Hast du noch ein Idee?

Danke


----------



## Joose (8. Mrz 2016)

Etwas Eigeninitiative zeigen 
https://www.novell.com/coolsolutions/tip/6032.html

Link 1 und 2
https://www.google.at/search?q=LDAP...DAP:+error+code+13+-+Confidentiality+Required


----------



## Dompteur (8. Mrz 2016)

Kann es sein, dass dein Server das Login nur per TLS (ldap*s*) erlaubt ?

Edit: zu spät..


----------



## plisam (8. Mrz 2016)

Cool Danke euch alle!! Ich habe das SSL bei mir erlaubt und es geht. Es gibt kein Fehler mehr beim Ausführung aber ich finde kein Eintrag im LDAP. Wenn jemand da noch etwas sagen kann dan danke im voraus. Ich bin LDAP Anfänger also weiss noch nicht viel!!

Danke


----------



## kneitzel (8. Mrz 2016)

Dein entryDN ist korrekt? Du schaust auch direkt an der richtigen Stelle und es kann auch nicht sein, dass Du an einem anderen LDAP Server schaust und deine Änderungen noch nicht repliziert sind?
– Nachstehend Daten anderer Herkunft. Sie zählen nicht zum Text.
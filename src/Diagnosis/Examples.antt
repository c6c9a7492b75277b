-- ===== src/Diagnosis/Examples.antt =====
-- Timelines, hypotheses and versions at concrete inputs.
use nff_core.Prelude.{ℕ, true, some, List, [], ◌∷◌, String, ◌≡◌, refl, codes, inl, inr}
use nff_core.Diagnosis.Cluster.{TimelineEntry, by_time, cluster_of, cluster_by_time}
use nff_core.Diagnosis.Cluster.Runs.{IsClustering, cluster_by_time-IsClustering}
use nff_core.Diagnosis.Groups.{Hypothesis, validated, is_validated, build_groups}
use nff_core.Diagnosis.Groups.Partition.{
  AreDisjoint, IsExplained, build_groups-AreDisjoint, build_groups-IsExplained,
}
use nff_core.Diagnosis.Versions.{parse_version, compare_version, le, lt, ge, gt, eq}
use nff_core.Diagnosis.Versions.Order.{compare_version-zeros}

abbrev crash_at : String → ℕ → TimelineEntry
crash_at id at = record {
  crash_id = id;
  device_id = some "esp-1";
  firmware_version = some "3.5";
  received_at = at;
  crash_class = some "null_deref";
}

abbrev timeline : List TimelineEntry
timeline = crash_at "c" 900 ∷ crash_at "a" 10 ∷ crash_at "b" 250 ∷ []

cluster_by_time-IsClustering_example : IsClustering 300 timeline (cluster_by_time 300 timeline)
cluster_by_time-IsClustering_example = cluster_by_time-IsClustering 300 timeline

two_clusters :
    cluster_by_time 300 timeline
    ≡ record { number = 0; start = 10; end = 250; size = 2; crash_ids = "a" ∷ "b" ∷ [] }
      ∷ record { number = 1; start = 900; end = 900; size = 1; crash_ids = "c" ∷ [] }
      ∷ []
unfolding cluster_by_time by_time cluster_of
two_clusters = refl

abbrev broad : Hypothesis
broad = record {
  id = "hyp-0";
  statement = "Devices on firmware 3.5 crash with null_deref.";
  predicted_crash_class = some "null_deref";
  status = validated;
  confidence = 750;
  matching_crashers = "a" ∷ "b" ∷ "c" ∷ [];
}

abbrev narrow : Hypothesis
narrow = record broad { id = "hyp-1"; confidence = 900; matching_crashers = "c" ∷ [] }

abbrev hypotheses : List Hypothesis
hypotheses = broad ∷ narrow ∷ []

build_groups-AreDisjoint_example : AreDisjoint (build_groups hypotheses timeline)
build_groups-AreDisjoint_example = build_groups-AreDisjoint timeline hypotheses

build_groups-IsExplained_example : IsExplained "c" 750 (build_groups hypotheses timeline)
unfolding is_validated
build_groups-IsExplained_example =
    build_groups-IsExplained timeline broad "c" refl (inr (inr (inl refl))) hypotheses (inl refl)

compare_version-zeros_example : compare_version (some (codes "v3.5")) eq (codes "3.5.0") ≡ true
unfolding parse_version
compare_version-zeros_example =
    compare_version-zeros (codes "v3.5") (codes "3.5.0") (3 ∷ 5 ∷ []) 1 refl refl

-- A release candidate counts as later than its release.
candidate_above : compare_version (some (codes "3.5-rc1")) gt (codes "3.5") ≡ true
unfolding compare_version parse_version nff_core.Diagnosis.Versions.pad
candidate_above = refl
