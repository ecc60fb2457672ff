-- ===== src/Agent/Network/Points.antt =====
-- The points of one interface (cmd/agent/collector.go: streamNetwork).
use mathlib.Core.List.{Mem, mem-append_right, mem-cons_self, mem-cons_of_mem}
use vkr_public.Base.{
  ℕ, ◌+◌, ◌-◌, ◌^◌, ◌<◌, ◌≤◌, ◌≡◌, refl, ◌⊎◌, inl, inr, String, none, some, List, [], ◌∷◌, ◌++◌,
  arith, Assoc, lookup, All, Bool-cases, ◌==◌,
}
use vkr_public.Float64.{Float64, FloatOps}
use vkr_public.Agent.Client.{MetricPoint}
use vkr_public.Agent.Send.{Agent}
use vkr_public.Agent.Rounds.{Round}
use vkr_public.Agent.Network.{IoCounters, sub64, interface_points}

-- The growth of a counter of 64 bits between two readings: exact unless the counter went back, where
-- it is 2⁶⁴ less the old reading and more the new.
abbrev pub IsGrowth : (now before d : ℕ) → Type 0
IsGrowth now before d =
    ((before ≤ now) × (d ≡ now - before)) ⊎ ((now < before) × (d ≡ 2 ^ 64 - before + now))

abbrev pub IsCounter : String × IoCounters → Type 0
IsCounter (name, c) = (c.bytes_sent < 2 ^ 64) × (c.bytes_recv < 2 ^ 64)

abbrev pub totals_and_rates : List String
totals_and_rates =
    "net_bytes_sent_total" ∷ "net_bytes_recv_total" ∷ "net_bytes_sent_per_sec"
    ∷ "net_bytes_recv_per_sec" ∷ []

pub All-weaken {ℓ κ μ} :
    {A : Type ℓ} (P : A → Type κ) (Q : A → Type μ) (f : (x : A) → P x → Q x) (xs : List A)
    → All P xs
    → All Q xs
All-weaken P Q f [] h = tt
All-weaken P Q f (x ∷ xs) (p, h) = (f x p, All-weaken P Q f xs h)

pub lookup-IsCounter :
    (name : String) (m : Assoc IoCounters) {p : IoCounters}
    → All IsCounter m
    → lookup name m ≡ some p
    → IsCounter (name, p)
unfolding lookup
lookup-IsCounter name [] h found = cc
lookup-IsCounter name ((k, c) ∷ m) {p} (q, h) found = elim (Bool-cases (k == name)) [
  | inl e ↦ let same : c ≡ p = ground arith in rw (← same) q
  | inr e ↦ lookup-IsCounter name m {p = p} h (ground arith)
]

module _ (ops : FloatOps) (r : Round) (elapsed : Float64) (a : Agent) where
  -- The value of a metric of an interface with these readings, now and before.
  abbrev pub IsValue : IoCounters → IoCounters → String → Float64 → Type 0
  IsValue c p metric v =
      ((metric ≡ "net_bytes_sent_total") × (v ≡ ops.of_uint c.bytes_sent))
      ⊎ ((metric ≡ "net_bytes_recv_total") × (v ≡ ops.of_uint c.bytes_recv))
      ⊎ ((metric ≡ "net_bytes_sent_per_sec")
          × ((d : ℕ) × IsGrowth c.bytes_sent p.bytes_sent d
              × (v ≡ ops.quotient (ops.of_uint d) elapsed)))
      ⊎ ((metric ≡ "net_bytes_recv_per_sec")
          × ((d : ℕ) × IsGrowth c.bytes_recv p.bytes_recv d
              × (v ≡ ops.quotient (ops.of_uint d) elapsed)))

  abbrev pub IsPointOf : String → IoCounters → IoCounters → MetricPoint → Type 0
  IsPointOf name c p m =
      (m.service_name ≡ a.service_name)
      × (m.timestamp ≡ r.now)
      × (m.labels ≡ some (("host", r.sending.host) ∷ ("interface", name) ∷ []))
      × IsValue c p m.metric_name m.value

  abbrev pub IsReported : List MetricPoint → String → IoCounters → IoCounters → String → Type 0
  IsReported batch name c p metric =
      (m : MetricPoint) × Mem m batch × (m.metric_name ≡ metric) × IsPointOf name c p m

  -- The four metrics of the interface are among the points.
  abbrev pub IsCovered : List MetricPoint → Assoc IoCounters → String × IoCounters → Type 0
  IsCovered batch prev (name, c) =
      (lookup name prev ≡ none)
      ⊎ ((p : IoCounters) × (lookup name prev ≡ some p)
          × All (IsReported batch name c p) totals_and_rates)

  -- The point is of an interface of both snapshots.
  abbrev pub IsMeasured : Assoc IoCounters → Assoc IoCounters → MetricPoint → Type 0
  IsMeasured prev cur m =
      (name : String) × (c : IoCounters) × (p : IoCounters) × Mem (name, c) cur
      × (lookup name prev ≡ some p)
      × IsPointOf name c p m

  sub64-IsGrowth :
      (now before : ℕ) → now < 2 ^ 64 → before < 2 ^ 64 → IsGrowth now before (sub64 now before)
  unfolding sub64
  sub64-IsGrowth now before p q = ground arith

  pub interface_points-IsPointOf :
      (name : String) (c p : IoCounters)
      → IsCounter (name, c)
      → IsCounter (name, p)
      → All (IsPointOf name c p) (interface_points ops r elapsed a name c (some p))
  unfolding interface_points
  interface_points-IsPointOf name c p (cs, cr) (ps, pr) = (
    (refl, refl, refl, inl (refl, refl)),
    (
      (refl, refl, refl, inr (inl (refl, refl))),
      (
        (refl, refl, refl, inr (inr (inl (refl, (_, sub64-IsGrowth _ _ cs ps, refl))))),
        ((refl, refl, refl, inr (inr (inr (refl, (_, sub64-IsGrowth _ _ cr pr, refl))))), tt),
      ),
    ),
  )

  -- The points of an interface, one for each metric.
  pub interface_points-IsCovered :
      (name : String) (c p : IoCounters) (prev : Assoc IoCounters) (rest : List MetricPoint)
      → IsCounter (name, c)
      → IsCounter (name, p)
      → lookup name prev ≡ some p
      → IsCovered (interface_points ops r elapsed a name c (some p) ++ rest) prev (name, c)
  unfolding interface_points
  interface_points-IsCovered name c p prev rest h k found =
      let (m1, (m2, (m3, (m4, _)))) = interface_points-IsPointOf name c p h k in
      inr (
        p,
        found,
        (
          (_, mem-cons_self, refl, m1),
          (
            (_, mem-cons_of_mem _ mem-cons_self, refl, m2),
            (
              (_, mem-cons_of_mem _ (mem-cons_of_mem _ mem-cons_self), refl, m3),
              (
                (
                  _,
                  mem-cons_of_mem _ (mem-cons_of_mem _ (mem-cons_of_mem _ mem-cons_self)),
                  refl,
                  m4,
                ),
                tt,
              ),
            ),
          ),
        ),
      )

  pub IsCovered-append_right :
      (xs ys : List MetricPoint) (prev : Assoc IoCounters) (e : String × IoCounters)
      → IsCovered ys prev e
      → IsCovered (xs ++ ys) prev e
  IsCovered-append_right xs ys prev e (inl h) = inl h
  IsCovered-append_right xs ys prev e (inr (p, h, all)) = inr (
    p,
    h,
    All-weaken (IsReported ys e.0 e.1 p) (IsReported (xs ++ ys) e.0 e.1 p)
        (λ metric (m, at_m, named, says). (m, mem-append_right xs at_m, named, says))
        totals_and_rates all,
  )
(Kenne mich mit den reinen LDAP Servern nicht aus - habe meine Erfahrungen fast ausschließlich im AD Umfeld gemacht. Aber da wären das ggf. typische Probleme.)


----------



## plisam (8. Mrz 2016)

Das entryDN ist richtig glaube ich:
- Das Excel Document enthält Bsp.: fdai0020 | Buehler | Mark | AI
Davon möchte ich als Primary Key das cn = fdai0020 nehmen also -> cn=fdai0020

String entryDN ="cn="+ values.get(0)+",ou=AI,o=organisation";

Ansonst, das LDAP Datenbank ist richtig ich habe nur ein


----------